California’s insurance commissioner on Feb. 14 turned down a request by insurer State Farm for an emergency interim rate hike of 22 percent for homeowners insurance, amid a flood of claims for damage caused by the devastating Los Angeles fires.
Lara has scheduled a meeting on Feb. 26 with the insurer to ask questions regarding the company’s rate increase request, according to the commissioner’s office.
The commissioner wants State Farm to discuss its financial stability, justification for the rate hike, effects on policyholders, and transparency in its decision-making, according to Lara’s office.
State Farm has requested a rate increase of 22 percent for non-renter homeowners, 15 percent for renters, 15 percent for condominium unit owners, and 38 percent for rental dwellings, all effective on May 1, 2025, for interim rate increases.
State Farm said it was disappointed by the rejection.
State Farm said it has “gone to great lengths to clearly answer the questions outlined by the Commissioner,” and while it is “positioned to handle all of the claims associated with the most recent wildfires,” the company “must seriously consider its options within the California insurance market going forward.”
It said that “the costs of these fires will further deplete capital” from the company, which could affect its credit rating and harm its mortgage customers.
State Farm said that because the commissioner has not yet approved its request for rate increases submitted in March 2024, it is now asking the agency to “take emergency action” to approve interim rate increases and allow the company “to start collecting additional premiums much more quickly and possibly begin rebuilding its risk-bearing capacity.”
It also claimed in the letter that over the nine-year period ending in 2024, it paid $1.26 in claims and expenses for every $1 that it collected through premium payments, resulting in more than $5 billion in cumulative losses.

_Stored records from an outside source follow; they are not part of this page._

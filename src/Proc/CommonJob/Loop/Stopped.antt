-- ===== src/Proc/CommonJob/Loop/Stopped.antt =====
-- CommonJob.Run after Stop: the process is not started again.
use mittnite.Prelude.{
  ℕ, ◌≡◌, refl, ◌∙◌, Bool, true, false, ◌||◌, Option, none, some, List, [], ◌∷◌, ◌++◌, arith,
  if◌then◌else◌, Bool-cases, inl, inr,
}
use mittnite.Proc.WaitStatus.{WaitError}
use mittnite.Proc.BaseJob.{BaseJob, Effect, put_phase}
use mittnite.Proc.BaseJob.StartOnce.{
  will_be_restarted, will_be_stopped, Run, marks_started, start_once,
}
use mittnite.Proc.BaseJob.StartOnce.Results.{stop_asked, restart_asked, start_once-exited}
use mittnite.Proc.BaseJob.StartOnce.Keeps.{Finished, stop-start_once}
use mittnite.Proc.CommonJob.Loop.{
  Round, LoopState, Progress, running, returned, handle_result, after_run, run_round, is_stopping,
  run_loop,
}

run_loop-stopping :
    (rs : List Round) (s : LoopState) → is_stopping s ≡ true → run_loop rs s ≡ returned s none
unfolding run_loop
run_loop-stopping [] s e = rw (e, run_loop) refl
run_loop-stopping (r ∷ rs) s e = rw (e, run_loop) refl

-- The rest of a loop whose round has made some progress.
abbrev loop_on : List Round → Progress → Progress
loop_on rs p = elim p [ returned t e ↦ returned t e | running t ↦ run_loop rs t ]

pub run_loop-next :
    (rs : List Round) (r : Round) (s : LoopState)
    → is_stopping s ≡ false
    → run_loop (r ∷ rs) s ≡ loop_on rs (run_round s r)
unfolding run_loop
run_loop-next rs r s e = rw (e, run_loop) refl

-- The loop returns without an error, with the job to be stopped and these effects.
record Stops (p : Progress) (effects : List Effect) : Type 0 where
  state : LoopState
  returns : (rs : List Round) → loop_on rs p ≡ returned state none
  stop : state.job.stop ≡ true
  same : state.effects ≡ effects

handle_result-Stops :
    (s : LoopState) (r : Round) (restart : Bool)
    → s.job.stop ≡ true
    → Stops
        (handle_result s r (if restart then some will_be_restarted else some will_be_stopped))
        s.effects
unfolding handle_result put_phase is_stopping
handle_result-Stops s r true e = record {
  state = s;
  returns = λ rs. run_loop-stopping rs s (rw e refl);
  stop = e;
  same = refl;
}
handle_result-Stops s r false e = record { state = _; returns = λ rs. refl; stop = e; same = refl }

after_run-Stops :
    (s : LoopState) (r : Round) (run : Run) (restart : Bool)
    → run.job.stop ≡ true
    → run.error ≡ (if restart then some will_be_restarted else some will_be_stopped)
    → Stops (after_run s r run) (s.effects ++ run.effects)
unfolding after_run put_phase
after_run-Stops s r run restart e result = elim (Bool-cases r.shutdown) [
  | inl down ↦ rw down (record { state = _; returns = λ rs. refl; stop = e; same = refl })
  | inr up ↦ rw (up, result) (handle_result-Stops _ r restart e)
]

-- In a loop that was not to stop yet, if a stop is asked for while the process of a job runs, and
-- the process then ends, Run returns without an error, whatever rounds might follow, and even if a
-- restart is asked for as well: the only effects are those of this one run of the process, and the
-- job is still marked to be stopped.
pub stop_is_final :
    (s : LoopState) (r : Round) (pid : ℕ) (e : Option WaitError)
    → Finished (record s.job.base { interrupt = some false }) r.attempt pid e
    → is_stopping s ≡ false
    → stop_asked r.attempt.meanwhile ≡ true
    → (t : LoopState) × ((rs : List Round) → run_loop (r ∷ rs) s ≡ returned t none)
      × (t.job.stop ≡ true)
      × (t.effects
          ≡ s.effects
            ++ (start_once
                (marks_started r.launched_at)
                (record s.job.base { interrupt = some false })
                r.attempt).effects)
unfolding run_round
stop_is_final s r pid e f going asked =
    let stops = after_run-Stops s r run restart stop result in
    (stops.state, (λ rs. run_loop-next rs r s going ∙ stops.returns rs), stops.stop, stops.same)
  where
    job : BaseJob
    job = record s.job.base { interrupt = some false }

    run : Run
    run = start_once (marks_started r.launched_at) job r.attempt

    restart : Bool
    restart = job.restart || restart_asked r.attempt.meanwhile

    stop : run.job.stop ≡ true
    stop =
        stop-start_once (marks_started r.launched_at) r.attempt pid e job f ∙ ground (arith, asked)

    result : run.error ≡ (if restart then some will_be_restarted else some will_be_stopped)
    result =
        start_once-exited (marks_started r.launched_at) job r.attempt e pid f.opened f.stdout_pipe
          f.stderr_pipe f.start f.ending
        ∙ ground (arith, asked)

California had held down rates for many years, especially after 2010, so it had “very little movement in rates,” Rex Frazier, former deputy insurance commissioner with the California Department of Insurance, told host Siyamak Khorrami in a recent episode of EpochTV’s “California Insider.”
Frazier, now president of the Personal Insurance Federation of California, a legislative advocacy firm, said he is still optimistic about California’s insurance market.
“Wildfire is still insurable in California, and so we disagree with voices who say that we have an uninsurable future,” he said.
“We don’t need special government programs to make that happen, but we need a system that allows companies to bring in enough money so they have the ability to insure people in the highest-risk areas, and that’s just simply what we’ve been deprived of at least for the last 13 years.”
Lara also announced on Feb. 14 that he has joined forces with state legislators in sponsoring 10 legislative bills aimed to “safeguard consumers ... for wildfire mitigation and recovery.”
The commissioner’s office did not respond to a request for comment from The Epoch Times.